Similarly, using a fully factorized variational distribution:

\[\begin{equation*} \tilde{q}(\theta, z_{1:N}|\tilde{\gamma},\tilde{\phi}_{1:N})=\tilde{q}(\theta|\tilde{\gamma})\prod_{n=1}^{N}\tilde{q}(z_n|\tilde{\phi}_n) \end{equation*}\]

the updates for maximizing the ELBO are:

\[\begin{align*} \tilde{\gamma}^{new}&\leftarrow \alpha+\sum_{n=1}^N \tilde{\phi}_n\\ \tilde{\phi}_n^{new}&\propto \exp\left[E_{\tilde{q}}[\log \theta]+\log \beta_{w_n,\cdot}\right] \end{align*}\]

where \(E_{\tilde{q}}[\log \theta_i]=\psi(\tilde{\gamma}_i)-\psi\left(\sum_{i=1}^K \gamma_i\right)\).
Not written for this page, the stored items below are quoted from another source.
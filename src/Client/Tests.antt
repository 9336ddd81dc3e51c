-- ===== src/Client/Tests.antt =====
-- A chat of five messages, the third a service message, with a client whose second call is told to wait.
use tobs.Prelude.{
  ℕ, ◌≡◌, refl, ◌⊎◌, none, some, List, [], ◌∷◌, take, keep, ltb, ◌&&◌, ◌==◌, arith, if◌then◌else◌,
}
use tobs.Client.{
  Attempt, succeeds, floods, fails, finished, raised, Client, fetch_messages, effective_limit,
  fetch_batch, yield_batch, fetch_from,
}
use tobs.Client.Paging.{Ascending}
use tobs.Client.Retries.{AllFail}
use tobs.Client.Fetched.{fetch_messages-yields}

abbrev chat : List ℕ
chat = 1 ∷ 2 ∷ 3 ∷ 4 ∷ 5 ∷ []

-- The k-th call, where the first ones succeed up to the one that is given
abbrev attempt_until : ℕ → Attempt → ℕ → Attempt
attempt_until last failure k = if k == last then failure else succeeds

abbrev client_with : (ℕ → Attempt) → Client ℕ
client_with attempts = record {
  attempt = attempts;
  get_messages =
      λ limit offset_id min_id. take limit (keep (λ m. ltb offset_id m && ltb min_id m) chat);
  id = λ m. m;
  has_action = λ m. m == 3;
}

abbrev client : Client ℕ
client = client_with (attempt_until 1 (floods 30))

chat-Ascending : Ascending client chat
chat-Ascending = (
  (omega arith, (omega arith, (omega arith, (omega arith, tt)))),
  (
    (omega arith, (omega arith, (omega arith, tt))),
    ((omega arith, (omega arith, tt)), ((omega arith, tt), (tt, tt))),
  ),
)

fetch_messages-yields_example :
    let (outcome, t) = fetch_messages client 6 2 (some 3) 1 in
    ((outcome ≡ finished) × (t.yielded ≡ 2 ∷ 4 ∷ 5 ∷ []))
    ⊎ ((outcome ≡ raised)
        × ((k : ℕ) × AllFail client k 3)
        × ((n : ℕ) × (t.yielded ≡ take n (2 ∷ 4 ∷ 5 ∷ []))))
fetch_messages-yields_example =
    fetch_messages-yields client chat 2 1 (λ limit off least. refl) chat-Ascending (omega arith) 6
      (some 3) (omega arith)

-- The wait of 30 seconds and one more is slept, and the batch fetched again.
sleeps-test :
    let (outcome, t) = fetch_messages client 6 2 (effective_limit 50 none none (some 1)) 1 in
    (outcome ≡ finished) × (t.yielded ≡ 2 ∷ 4 ∷ 5 ∷ []) × (t.sleeps ≡ 31 ∷ [])
unfolding fetch_from fetch_batch yield_batch
sleeps-test = (refl, refl, refl)

failing-test :
    let (outcome, t) =
      fetch_messages (client_with (λ k. if k == 0 then succeeds else fails)) 6 2 none 0 in
    (outcome ≡ raised) × (t.yielded ≡ 1 ∷ 2 ∷ []) × (t.sleeps ≡ 5 ∷ 5 ∷ [])
unfolding fetch_from fetch_batch yield_batch
failing-test = (refl, refl, refl)
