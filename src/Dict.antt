-- ===== src/Dict.antt =====
-- Python's `dict` and `OrderedDict` as an association list in insertion order.
pub mod Laws
pub mod Perm
use tobs.Prelude.{Option, none, some, List, [], ◌∷◌, ◌++◌, Bool, true, false}
use mathlib.Core.Logic.{ite}

module _ {ℓ} {K V : Type ℓ} (dec : Discrete K) where
  -- `d.get(k)`; `k in d` holds where it is not `none`
  unfoldable pub lookup : K → List (K × V) → Option V
  lookup k [] = none
  lookup k ((j, v) ∷ d) = ite (dec j k) (some v) (lookup k d)

  -- `del d[k]`
  unfoldable pub delete : K → List (K × V) → List (K × V)
  delete k [] = []
  delete k ((j, v) ∷ d) = ite (dec j k) d ((j, v) ∷ delete k d)

  -- `d[k] = v`: in place for an old key, at the end for a new one
  unfoldable pub set_item : K → V → List (K × V) → List (K × V)
  set_item k v [] = (k, v) ∷ []
  set_item k v ((j, w) ∷ d) = ite (dec j k) ((j, v) ∷ d) ((j, w) ∷ set_item k v d)

  -- `d.move_to_end(k)`, for the value that `k` has
  unfoldable pub move_to_end : K → V → List (K × V) → List (K × V)
  unfolding delete
  move_to_end k v d = delete k d ++ (k, v) ∷ []

-- `d.popitem(last=False)`, without the item
unfoldable pub pop_first {ℓ} : {A : Type ℓ} → List A → List A
pop_first [] = []
pop_first (e ∷ d) = d
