-- ===== src/CoreCache/Codec.antt =====
-- `_compress_data` and `_decompress_data` of src/core/cache.py. The byte strings, the objects and the
-- libraries (UTF-8, orjson, msgpack, zlib, pickle) are parameters; a call that raises is `none`.
pub mod Roundtrip
use tobs.Prelude.{
  ℕ, ◌+◌, ◌*◌, ◌≡◌, Bool, true, false, Option, none, some, String, ltb, if◌then◌else◌,
}

pub data CompressionType : Type 0 where
  no_compression gzip msgpack : CompressionType

-- The texts of `compression_type` in an entry.
pub data Tag : Type 0 where
  plain gzip_tag msgpack_tag pickle_tag : Tag

-- What a caller stores: text, bytes, or any other object.
pub data Value (B O : Type 0) : Type 0 where
  text : String → Value B O
  binary : B → Value B O
  object : O → Value B O

pub record Codecs (B O : Type 0) : Type 0 where
  pub size : B → ℕ
  pub encode : String → B
  pub decode : B → Option String
  pub json_dumps : O → Option B
  pub json_loads : B → Option (Value B O)
  pub packb : Value B O → Option B
  pub unpackb : B → Option (Value B O)
  pub compress : B → B
  pub decompress : B → Option B
  pub pickle_loads : B → Option (Value B O)

pub record Settings : Type 0 where
  pub compression : CompressionType
  pub compression_threshold : ℕ

-- `(data, compressed, compression_type)`, with what is added to the statistics.
pub record Packed (B O : Type 0) : Type 0 where
  pub content : Value B O
  pub compressed : Bool
  pub compression_type : Tag
  pub compression_saves : ℕ
  pub compression_fallbacks : ℕ

module _ {B O : Type 0} (c : Codecs B O) (s : Settings) where
  abbrev pub unpacked : ℕ → Value B O → Packed B O
  unpacked fallbacks v = record {
    content = v;
    compressed = false;
    compression_type = plain;
    compression_saves = 0;
    compression_fallbacks = fallbacks;
  }

  abbrev pub packed : ℕ → Tag → B → Packed B O
  packed fallbacks tag raw = record {
    content = binary (c.compress raw);
    compressed = true;
    compression_type = tag;
    compression_saves = 1;
    compression_fallbacks = fallbacks;
  }

  -- `len(compressed) < len(raw_data) * 0.9`
  abbrev pub worthwhile : B → Bool
  worthwhile raw = ltb (10 * c.size (c.compress raw)) (9 * c.size raw)

  -- Compression of raw data that is long enough
  abbrev pub pack_raw : ℕ → Tag → Value B O → B → Packed B O
  pack_raw fallbacks tag v raw =
      if ltb (c.size raw) s.compression_threshold
      then unpacked fallbacks v
      else if worthwhile raw
      then packed fallbacks tag raw
      else unpacked fallbacks v

  -- `except TypeError`: an object that is no JSON goes to msgpack
  abbrev pub pack_fallback : Value B O → Packed B O
  pack_fallback v = elim (c.packb v) [
    | none ↦ unpacked 0 v
    | some raw ↦ pack_raw 1 msgpack_tag v raw
  ]

  abbrev pub pack_gzip : Value B O → Packed B O
  pack_gzip (text t) = pack_raw 0 gzip_tag (text t) (c.encode t)
  pack_gzip (binary b) = pack_raw 0 gzip_tag (binary b) b
  pack_gzip (object o) = elim (c.json_dumps o) [
    | none ↦ pack_fallback (object o)
    | some raw ↦ pack_raw 0 gzip_tag (object o) raw
  ]

  -- The bytes whose length decides, with the configuration MSGPACK
  abbrev pub raw_msgpack : Value B O → Option B
  raw_msgpack (text t) = some (c.encode t)
  raw_msgpack (binary b) = some b
  raw_msgpack (object o) = c.packb (object o)

  abbrev pub pack_msgpack : Value B O → Packed B O
  pack_msgpack v = elim (raw_msgpack v) [
    | none ↦ unpacked 0 v
    | some raw ↦
        if ltb (c.size raw) s.compression_threshold then unpacked 0 v else elim (c.packb v) [
          | none ↦ unpacked 0 v
          | some packed_raw ↦ packed 0 msgpack_tag packed_raw
        ]
  ]

  unfoldable pub compress_data : Value B O → Packed B O
  compress_data v = elim s.compression [
    | no_compression ↦ unpacked 0 v
    | gzip ↦ pack_gzip v
    | msgpack ↦ pack_msgpack v
  ]

module _ {B O : Type 0} (c : Codecs B O) where
  abbrev pub or_data : B → Option (Value B O) → Value B O
  or_data stored none = binary stored
  or_data stored (some v) = v

  -- JSON, and text where it is none
  abbrev pub parse_gzip : B → Option (Value B O)
  parse_gzip raw = elim (c.json_loads raw) [
    | some v ↦ some v
    | none ↦ elim (c.decode raw) [ none ↦ none | some t ↦ some (text t) ]
  ]

  abbrev pub parse : Tag → B → Option (Value B O)
  parse plain raw = none
  parse gzip_tag raw = parse_gzip raw
  parse msgpack_tag raw = c.unpackb raw
  parse pickle_tag raw = c.pickle_loads raw

  abbrev pub decompress_binary : Tag → B → Value B O
  decompress_binary tag stored =
      or_data stored (elim (c.decompress stored) [ none ↦ none | some raw ↦ parse tag raw ])

  abbrev pub decompress_tagged : Tag → Value B O → Value B O
  decompress_tagged tag (binary stored) = decompress_binary tag stored
  decompress_tagged tag (text t) = text t
  decompress_tagged tag (object o) = object o

  unfoldable pub decompress_data : Tag → Value B O → Value B O
  decompress_data tag v = elim tag [ plain ↦ v | other ↦ decompress_tagged other v ]
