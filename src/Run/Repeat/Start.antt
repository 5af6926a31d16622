-- ===== src/Run/Repeat/Start.antt =====
-- A start made twice, under its id or its idempotency key.
use agent_runs.Base.{
  ℕ, String, ◌≡◌, Bool, true, false, Option, none, some, List, ◌∷◌, arith, str_eq, opt_eq, truthy,
  Bool-cases, inl, inr, find_first, eq_iff, opt_eq_iff, ok, refl,
}
use agent_runs.Run.Rows.{RunStart, RunRow, Db}
use agent_runs.Run.Store.{RunRecord, record_of, is_run}
use agent_runs.Run.Starts.{
  new_row, has_key, taken, opt_num_eq, same_start, same_request, found_by_id, found_by_key,
  existing, start_run,
}
use agent_runs.Run.Repeat.{IsRepeat}

opt_num_eq_refl : (a : Option ℕ) → opt_num_eq a a ≡ true
opt_num_eq_refl none = refl
opt_num_eq_refl (some a) = ground arith

opt_eq_refl : (a : Option String) → opt_eq a a ≡ true
opt_eq_refl a = ground (arith, opt_eq_iff a a)

str_eq_refl : (a : String) → str_eq a a ≡ true
str_eq_refl a = ground (arith, eq_iff a a)

same_start_refl : (a : RunStart) → same_start a a ≡ true
unfolding same_start
same_start_refl a =
    rw
      (
        str_eq_refl a.agent_id,
        opt_eq_refl a.parent_run_id,
        opt_eq_refl a.thread_id,
        opt_eq_refl a.user_id,
        opt_eq_refl a.workspace_id,
        opt_eq_refl a.on_behalf_of,
        opt_eq_refl a.input,
        opt_num_eq_refl a.deadline,
        opt_num_eq_refl a.timeout_seconds,
        opt_eq_refl a.concurrency_key,
        str_eq_refl a.metadata,
      )
      (ground arith)

module _ (start : RunStart) (queue strict : Bool) (now later : ℕ) (rows : List RunRow) where
  same_request_refl : same_request (new_row start queue now) start queue ≡ true
  unfolding same_request new_row
  same_request_refl = ground (arith, same_start_refl start)

  taken_again : taken start (new_row start queue now ∷ rows) ≡ true
  unfolding taken new_row
  taken_again = ground (arith, str_eq_refl start.run_id)

  id_again :
      find_first (is_run start.tenant_id start.run_id) (new_row start queue now ∷ rows)
      ≡ some (new_row start queue now)
  unfolding new_row
  id_again = ground (arith, str_eq_refl start.run_id, str_eq_refl start.tenant_id)

  key_again :
      truthy start.idempotency_key ≡ true
      → find_first (has_key start.tenant_id start.idempotency_key) (new_row start queue now ∷ rows)
        ≡ some (new_row start queue now)
  unfolding new_row
  key_again named = ground (arith, opt_eq_refl start.idempotency_key, str_eq_refl start.tenant_id)

by_id :
    (start : RunStart) (later : ℕ) (db : Db) {r : RunRow}
    → find_first (is_run start.tenant_id start.run_id) db.runs ≡ some r
    → found_by_id start later db ≡ ok ((record_of r later, false), db)
unfolding found_by_id
by_id start later db there = ground arith

-- A start that recorded a run, made again with the same arguments before anything else changes the
-- tables: the same run is answered, not as a new one, whether it is found by its idempotency key or,
-- without one, by its id; the strict comparison finds no difference, and the tables stay as they are.
pub start_run-start_run :
    (start : RunStart) (queue strict : Bool) (now later : ℕ) (db db' : Db) (answer : RunRecord)
    → taken start db.runs ≡ false
    → start_run start queue now strict db ≡ ok ((answer, true), db')
    → IsRepeat db' answer (start_run start queue later strict db')
unfolding start_run existing found_by_key record_of
start_run-start_run start queue strict now later db db' answer fresh e =
    let r = new_row start queue now in
    let said : answer ≡ record_of r now = ground arith in
    let runs : db'.runs ≡ r ∷ db.runs = ground arith in
    let was : taken start db'.runs ≡ true =
      rw runs (taken_again start queue strict now later db.runs) in
    let found : find_first (is_run start.tenant_id start.run_id) db'.runs ≡ some r =
      rw runs (id_again start queue strict now later db.runs) in
    (
      (record_of r later).worked_seconds,
      elim (Bool-cases (truthy start.idempotency_key)) [
        | inl named ↦
            let found' : find_first (has_key start.tenant_id start.idempotency_key) db'.runs
                ≡ some r =
              rw runs (key_again start queue strict now later db.runs named) in
            rw (was, named, found', same_request_refl start queue strict now later db.runs, said)
              (ground arith)
        | inr f ↦ rw (was, f, by_id start later db' found, said)
      ],
    )
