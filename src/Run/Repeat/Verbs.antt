-- ===== src/Run/Repeat/Verbs.antt =====
-- The requests of workers and callers made twice.
use agent_runs.Base.{
  ℕ, String, ◌≡◌, true, false, ◌&&◌, ◌||◌, is_some, Option, none, arith, str_eq, inl, inr, eq_iff,
  opt_eq_iff, ok, ◌⊎◌, not, raise_if, unprocessable, >>=-eq-ok,
}
use agent_runs.Answers.{schema_problem}
use agent_runs.Answering.{KeyInfo, may_act_for, answering, require_may_answer, require_may_cancel}
use agent_runs.Run.Status.{final, queued, paused, error}
use agent_runs.Run.Rows.{Json, Interrupt, RunRow, RunFinish, Db, Contracts, bounded_checkpoint}
use agent_runs.Run.Moves.{settled, move, moved, requeue, requeued, retried, cancelled_instead}
use agent_runs.Run.Store.{RunRecord, record_of, ended, change_run}
use agent_runs.Run.Pause.{asked_on, paused_or_cancelled, pause_row, pause}
use agent_runs.Run.Ending.{
  finished_before, retry_row, end_row, finish_row, finish, stop_row, already_cancelled, cancel_row,
}
use agent_runs.Run.Ending
use agent_runs.Run.Leasing.{released_or_cancelled, release_row, release}
use agent_runs.Run.Repeat.{IsRepeat, change_run-IsRepeat}

-- The row written back is the one found again.
may_cancel_unassigned : (key : KeyInfo) → require_may_cancel key none ≡ ok tt
unfolding require_may_cancel require_may_answer may_act_for answering
may_cancel_unassigned key = ground (arith, eq_iff key.principal key.principal)

module _ (c : Contracts) (now later : ℕ) where
  finish_row-settled :
      (draw : ℕ) (ending : RunFinish) (worker : Option String) (row r : RunRow)
      → finish_row c draw ending worker now row ≡ ok (r, true)
      → (retry_row c draw row worker now ≡ ok (r, true)) × (retried row ending ≡ true)
        ⊎ (end_row c row ending worker now ≡ ok (r, true))
  unfolding finish_row
  finish_row-settled draw ending worker row r e = ground arith

  retry_row-settled :
      (draw : ℕ) (worker : Option String) (row r : RunRow)
      → retry_row c draw row worker now ≡ ok (r, true)
      → (r.start ≡ row.start) × (r.status ≡ queued) × (r.settled_by ≡ worker)
  unfolding retry_row requeue move moved requeued
  retry_row-settled draw worker row r e = ground arith

  end_row-settled :
      (ending : RunFinish) (worker : Option String) (row r : RunRow)
      → end_row c row ending worker now ≡ ok (r, true)
      → (r.start ≡ row.start) × (r.status ≡ ending.status) × (r.settled_by ≡ worker)
  unfolding end_row move moved
  end_row-settled ending worker row r e = ground arith

  retried-error :
      (row : RunRow) (ending : RunFinish) → retried row ending ≡ true → ending.status ≡ error
  unfolding retried
  retried-error row ending e = ground arith

  settled_again :
      (other : ℕ) (ending : RunFinish) (worker : Option String) (r : RunRow)
      → (r.status ≡ ending.status)
        ⊎ (r.status ≡ queued) × (ending.status ≡ error) × (is_some worker ≡ true)
      → r.settled_by ≡ worker
      → finish_row c other ending worker later r ≡ ok (r, false)
  unfolding finish_row finished_before settled
  settled_again other ending worker r which by = ground (arith, opt_eq_iff worker worker)

  finish_row-repeat :
      (draw other : ℕ) (ending : RunFinish) (worker : Option String) (row r : RunRow)
      → is_some worker || final r.status ≡ true
      → finish_row c draw ending worker now row ≡ ok (r, true)
      → (r.start ≡ row.start) × (finish_row c other ending worker later r ≡ ok (r, false))
  finish_row-repeat draw other ending worker row r known e =
      elim (finish_row-settled draw ending worker row r e) [
        | inl (again, was) ↦
            let (own, status, by) = retry_row-settled draw worker row r again in
            (
              own,
              settled_again other ending worker r
                  (inr (status, retried-error row ending was, ground arith)) by,
            )
        | inr ended ↦
            let (own, status, by) = end_row-settled ending worker row r ended in
            (own, settled_again other ending worker r (inl status) by)
      ]

  release_row-repeat :
      (worker : String) (checkpoint : Option Json) (row r : RunRow)
      → r.status ≡ queued
      → release_row c worker checkpoint now row ≡ ok (r, true)
      → (r.start ≡ row.start) × (release_row c worker checkpoint later r ≡ ok (r, false))
  unfolding release_row released_or_cancelled cancelled_instead settled move moved requeue
  release_row-repeat worker checkpoint row r live e = ground (arith, eq_iff worker worker)

  pause_row-repeat :
      (interrupt : Interrupt) (checkpoint : Option Json) (worker : Option String) (row r : RunRow)
      → r.status ≡ paused
      → pause_row c interrupt checkpoint worker now row ≡ ok (r, true)
      → (r.start ≡ row.start) × (pause_row c interrupt checkpoint worker later r ≡ ok (r, false))
  unfolding pause_row paused_or_cancelled cancelled_instead settled move moved asked_on
  pause_row-repeat interrupt checkpoint worker row r live e =
      ground (arith, opt_eq_iff worker worker, eq_iff interrupt.interrupt_id interrupt.interrupt_id)

  cancel_row-repeat :
      (canceller : KeyInfo) (reason : Option String) (row r : RunRow)
      → cancel_row c canceller reason now row ≡ ok (r, true)
      → (r.start ≡ row.start) × (cancel_row c canceller reason later r ≡ ok (r, false))
  unfolding cancel_row stop_row already_cancelled move moved
  cancel_row-repeat canceller reason row r e = ground (
    arith,
    may_cancel_unassigned canceller,
    eq_iff canceller.principal canceller.principal,
    opt_eq_iff reason reason,
  )

-- A finish that was taken, sent again by the same worker, or again without one where the first ended
-- the run and did not put it back on the queue, with any draw, at any instant before anything else
-- changes the tables: the answer is the first one's run, said to be unchanged,
-- and the tables stay as they are.
pub finish-finish :
    (c : Contracts) (now later draw other : ℕ) (tenant run : String) (worker : Option String)
    (ending : RunFinish) (db db' : Db) (answer : RunRecord)
    → is_some worker || final answer.status ≡ true
    → finish c draw tenant run ending worker now db ≡ ok ((answer, true), db')
    → IsRepeat db' answer (finish c other tenant run ending worker later db')
unfolding finish record_of
finish-finish c now later draw other tenant run worker ending db db' answer known e =
    let ends : final ending.status ≡ true = ground arith in
    let inner : change_run db tenant run now (finish_row c draw ending worker now)
        ≡ ok ((answer, true), db') =
      ground arith in
    let (worked, same) =
      change_run-IsRepeat db tenant run now later _ (finish_row c other ending worker later)
        (λ row r made said.
          finish_row-repeat c now later draw other ending worker row r (ground arith) made)
        inner in
    (worked, ground arith)

-- A cancel that was taken, sent again with the same key and reason before anything else changes the
-- tables: the same run is answered, unchanged, and the tables stay as they are.
pub cancel-cancel :
    (c : Contracts) (now later : ℕ) (tenant run : String) (reason : Option String)
    (canceller : KeyInfo) (db db' : Db) (answer : RunRecord)
    → Ending.cancel c tenant run reason canceller now db ≡ ok ((answer, true), db')
    → IsRepeat db' answer (Ending.cancel c tenant run reason canceller later db')
unfolding Ending.cancel
cancel-cancel c now later tenant run reason canceller db db' answer e =
    change_run-IsRepeat db tenant run now later _ (cancel_row c canceller reason later)
      (λ row r made said. cancel_row-repeat c now later canceller reason row r made) e

-- A worker's release that put the run back on the queue, sent again before anything else changes the
-- tables: the same run is answered, unchanged, and the tables stay as they are.
pub release-release :
    (c : Contracts) (now later : ℕ) (tenant run worker : String) (checkpoint : Option Json)
    (db db' : Db) (answer : RunRecord)
    → answer.status ≡ queued
    → release c tenant run worker checkpoint now db ≡ ok ((answer, true), db')
    → IsRepeat db' answer (release c tenant run worker checkpoint later db')
unfolding release record_of
release-release c now later tenant run worker checkpoint db db' answer back e =
    let (kept, small, inner) = >>=-eq-ok (bounded_checkpoint checkpoint) _ e in
    let (worked, same) =
      change_run-IsRepeat db tenant run now later _ (release_row c worker kept later)
        (λ row r made said.
          release_row-repeat c now later worker kept row r (said_status r said back) made)
        inner in
    (worked, rw (small, same))
  where
    said_status :
        (r : RunRow) → answer ≡ record_of r now → answer.status ≡ queued → r.status ≡ queued
    said_status r said back = ground arith

-- A pause that left the run PAUSED, sent again before anything else changes the tables: the same run is
-- answered, unchanged, and the tables stay as they are.
pub pause-pause :
    (c : Contracts) (now later : ℕ) (tenant run : String) (interrupt : Interrupt)
    (checkpoint : Option Json) (worker : Option String) (db db' : Db) (answer : RunRecord)
    → answer.status ≡ paused
    → pause c tenant run interrupt checkpoint worker now db ≡ ok ((answer, true), db')
    → IsRepeat db' answer (pause c tenant run interrupt checkpoint worker later db')
unfolding pause record_of
pause-pause c now later tenant run interrupt checkpoint worker db db' answer waits e =
    let (u1, named, e1) =
      >>=-eq-ok
        (raise_if (not (str_eq interrupt.tenant_id tenant && str_eq interrupt.run_id run))
          unprocessable)
        _ e in
    let (u2, schema, e2) =
      >>=-eq-ok (raise_if (schema_problem c interrupt.expects) unprocessable) _ e1 in
    let (kept, small, inner) = >>=-eq-ok (bounded_checkpoint checkpoint) _ e2 in
    let (worked, same) =
      change_run-IsRepeat db tenant run now later _ (pause_row c interrupt kept worker later)
        (λ row r made said.
          pause_row-repeat c now later interrupt kept worker row r (said_status r said waits) made)
        inner in
    (worked, rw (named, schema, small, same))
  where
    said_status :
        (r : RunRow) → answer ≡ record_of r now → answer.status ≡ paused → r.status ≡ paused
    said_status r said back = ground arith
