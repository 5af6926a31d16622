-- ===== src/Schedule.antt =====
-- Schedules: src/agent_runs/domain/cadence.py, domain/schedules.py, store/schedules.py and firing.py.
pub mod Cadence
pub mod Rows
pub mod Store
pub mod Firing
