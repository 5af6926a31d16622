-- ===== src/Schedule/Cadence.antt =====
-- src/agent_runs/domain/cadence.py: which cadences are taken, and when one fires next. The cron
-- library, the time zones and `str.strip` are given; an instant is a count of microseconds.
use agent_runs.Base.{
  ℕ, suc, zero, ◌-◌, String, Bool, true, false, not, Option, none, some, List, [], ◌∷◌, str_eq, ltb,
  if◌then◌else◌, Result, ok, err, unprocessable, internal, raise_if, ◌>>=◌, ◌>>◌,
}
use agent_runs.Retry.{hours}

-- `croniter` and what it is called through: whether a text is a cron expression; its next occurrence in
-- UTC strictly after an instant, `none` where it raises because the expression has no date; the next
-- occurrence strictly after an instant in a zone, of a cadence that was validated and so has dates; and
-- the text without its outer blanks.
pub record Cron : Type 0 where
  pub is_valid : String → Bool
  pub probe : String → ℕ → Option ℕ
  pub next_occurrence : String → ℕ → String → ℕ
  pub strip : String → String

-- `BUCKETS`
abbrev pub buckets : List (String × Option String)
buckets =
    ("hourly", some "0 * * * *")
    ∷ ("daily", some "0 0 * * *")
    ∷ ("weekly", some "0 0 * * 1")
    ∷ ("weekdays", some "0 0 * * 1-5")
    ∷ ("manual", none)
    ∷ []

-- `BUCKETS.get(cadence, cadence)`
unfoldable pub looked_up : List (String × Option String) → String → Option String
looked_up [] cadence = some cadence
looked_up (bucket ∷ rest) cadence =
    let later = looked_up rest cadence in if str_eq bucket.0 cadence then bucket.1 else later

-- `normalized in BUCKETS`
unfoldable pub is_bucket : List (String × Option String) → String → Bool
is_bucket [] cadence = false
is_bucket (bucket ∷ rest) cadence =
    let later = is_bucket rest cadence in if str_eq bucket.0 cadence then true else later

-- `MIN_INTERVAL`
abbrev pub min_interval : ℕ
min_interval = hours 1

-- `_PROBE_COUNT`
abbrev pub probe_count : ℕ
probe_count = 8

-- `get_next`, or the error it raises.
unfoldable pub get_next : Cron → String → ℕ → Result ℕ
get_next cron expression from = elim (cron.probe expression from) [
  | none ↦ err internal
  | some at ↦ ok at
]

-- Consecutive occurrences from an instant on.
unfoldable pub occurrences : Cron → String → ℕ → ℕ → Result (List ℕ)
unfolding get_next
occurrences cron expression zero from = ok []
occurrences cron expression (suc n) from = do
  next ← get_next cron expression from
  later ← occurrences cron expression n next
  ok (next ∷ later)

-- `interval < MIN_INTERVAL`, over the pairs of neighbours.
unfoldable pub too_often : List ℕ → Bool
too_often [] = false
too_often (first ∷ rest) = elim rest [
  | [] ↦ false
  | second ∷ more ↦
      let later = too_often rest in if ltb (second - first) min_interval then true else later
]

-- `validate_cadence`; `probe_from` is the instant of `_PROBE_FROM`.
unfoldable pub validate_cadence : Cron → ℕ → String → Result String
unfolding is_bucket occurrences too_often
validate_cadence cron probe_from cadence =
    let normalized = cron.strip cadence in
    if is_bucket buckets normalized
    then ok normalized
    else if not (cron.is_valid normalized)
    then err unprocessable
    else do
      times ← occurrences cron normalized probe_count probe_from
      raise_if (too_often times) unprocessable
      ok normalized

-- `next_fire_at`
unfoldable pub next_fire_at : Cron → String → ℕ → String → Option ℕ
unfolding looked_up
next_fire_at cron cadence after timezone = elim (looked_up buckets cadence) [
  | none ↦ none
  | some expression ↦ some (cron.next_occurrence expression after timezone)
]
Once the variational parameters have been optimized then:

\[\begin{align} E[\bar{Z}|w_{1:N},\alpha,\beta_{1:K}]&\approx E_{\tilde{q}}[\bar{Z}]=N^{-1}\sum_{n=1}^N \tilde{\phi}_i \nonumber\\ \Rightarrow E[y|w_{1:N},\pi]&\approx b'\left(N^{-1}\sum_{n=1}^N \tilde{\phi}_n\right) \end{align}\]

That is, we set \(\hat{y}=b'\left(N^{-1}\sum_{n=1}^N \tilde{\phi}_n\right)\) as our predicted response given a set of parameters \(\pi\) (or their corresponding estimates) and a document \(w_{1:N}\).